• REQUIRED ACTION: From the records below, take each line where the string "unfolding" shows up and copy it.

=====

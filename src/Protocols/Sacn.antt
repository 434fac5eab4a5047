-- ===== src/Protocols/Sacn.antt =====
-- crates/led-protocols/src/packet.rs: the E1.31 data packet and its accessors. Every byte of the
-- buffer is written, so that the packet is the list of its bytes; a read out of bounds is `none`. The
-- source name is its bytes, and `cid` has sixteen.
pub mod Packet
pub mod Device
pub mod Numbered
mod Tests
use led_platform.Prelude.{
  Bool, List, Option, [], drop, false, get_elem?, if◌then◌else◌, leb, length, min, none, replicate,
  some, take, true, u8, ℕ, ◌&&◌, ◌*◌, ◌++◌, ◌+◌, ◌-◌, ◌/◌, ◌==◌, ◌∷◌,
}

abbrev pub dmx_slots_len : ℕ
dmx_slots_len = 512

abbrev pub packet_len : ℕ
packet_len = 638

abbrev pub be16 : ℕ → List ℕ → List ℕ
be16 v rest = u8 (v / 256) ∷ u8 v ∷ rest

abbrev pub be32 : ℕ → List ℕ → List ℕ
be32 v rest = u8 (v / 16777216) ∷ u8 (v / 65536) ∷ u8 (v / 256) ∷ u8 v ∷ rest

-- `0x7000 | n`, for an `n` below `0x1000`.
abbrev pub flags_length : ℕ → ℕ
flags_length n = 0x7000 + n

abbrev pub acn_pid : List ℕ
acn_pid = 0x41 ∷ 0x53 ∷ 0x43 ∷ 0x2d ∷ 0x45 ∷ 0x31 ∷ 0x2e ∷ 0x31 ∷ 0x37 ∷ 0 ∷ 0 ∷ 0 ∷ []

-- The root layer before the sender's identifier, 22 bytes.
unfoldable pub root_head : List ℕ
root_head = be16 0x0010 (be16 0 []) ++ acn_pid ++ be16 (flags_length (packet_len - 16)) (be32 4 [])

unfoldable pub framing_head : List ℕ
framing_head = be16 (flags_length (packet_len - 38)) (be32 2 [])

-- 64 bytes, the last of them zero.
unfoldable pub name_field : List ℕ → List ℕ
name_field name = take 63 name ++ replicate (64 - min (length name) 63) 0

-- From the priority to the start code, 18 bytes.
unfoldable pub framing_tail : ℕ → ℕ → ℕ → List ℕ
framing_tail priority sequence universe =
    priority
    ∷ be16 0 (
        sequence
        ∷ 0
        ∷ be16 universe (
            be16 (flags_length (packet_len - 115))
              (0x02 ∷ 0xa1 ∷ be16 0 (be16 1 (be16 (dmx_slots_len + 1) (0 ∷ []))))))

-- `copy_from_slice` panics on another length.
unfoldable pub build_data_packet : List ℕ → List ℕ → ℕ → ℕ → ℕ → List ℕ → Option (List ℕ)
unfolding root_head framing_head name_field framing_tail
build_data_packet cid source_name priority sequence universe dmx =
    if length dmx == dmx_slots_len
    then some (
        root_head
        ++ (cid
            ++ (framing_head
                ++ (name_field source_name ++ (framing_tail priority sequence universe ++ dmx)))))
    else none

abbrev pub join_u16 : Option ℕ → Option ℕ → Option ℕ
join_u16 (some hi) (some lo) = some (hi * 256 + lo)
join_u16 _ _ = none

unfoldable pub get_u16 : List ℕ → ℕ → Option ℕ
get_u16 pkt off = join_u16 (get_elem? pkt off) (get_elem? pkt (off + 1))

abbrev pub bytes_equal : List ℕ → List ℕ → Bool
bytes_equal [] [] = true
bytes_equal (x ∷ xs) (y ∷ ys) = x == y && bytes_equal xs ys
bytes_equal _ _ = false

unfoldable pub acn_pid_ok : List ℕ → Bool
acn_pid_ok pkt = leb 16 (length pkt) && bytes_equal (take 12 (drop 4 pkt)) acn_pid

unfoldable pub sequence_of : List ℕ → Option ℕ
sequence_of pkt = get_elem? pkt 111

unfoldable pub universe_of : List ℕ → Option ℕ
unfolding get_u16
universe_of pkt = get_u16 pkt 113

unfoldable pub start_code : List ℕ → Option ℕ
start_code pkt = get_elem? pkt 125

-- `&pkt[126..126 + DMX_SLOTS]`.
unfoldable pub dmx_slots : List ℕ → Option (List ℕ)
dmx_slots pkt =
    if leb (126 + dmx_slots_len) (length pkt)
    then some (take dmx_slots_len (drop 126 pkt))
    else none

=====

• RESULT OF THE EXERCISE:
unfolding root_head framing_head name_field framing_tail
unfolding get_u16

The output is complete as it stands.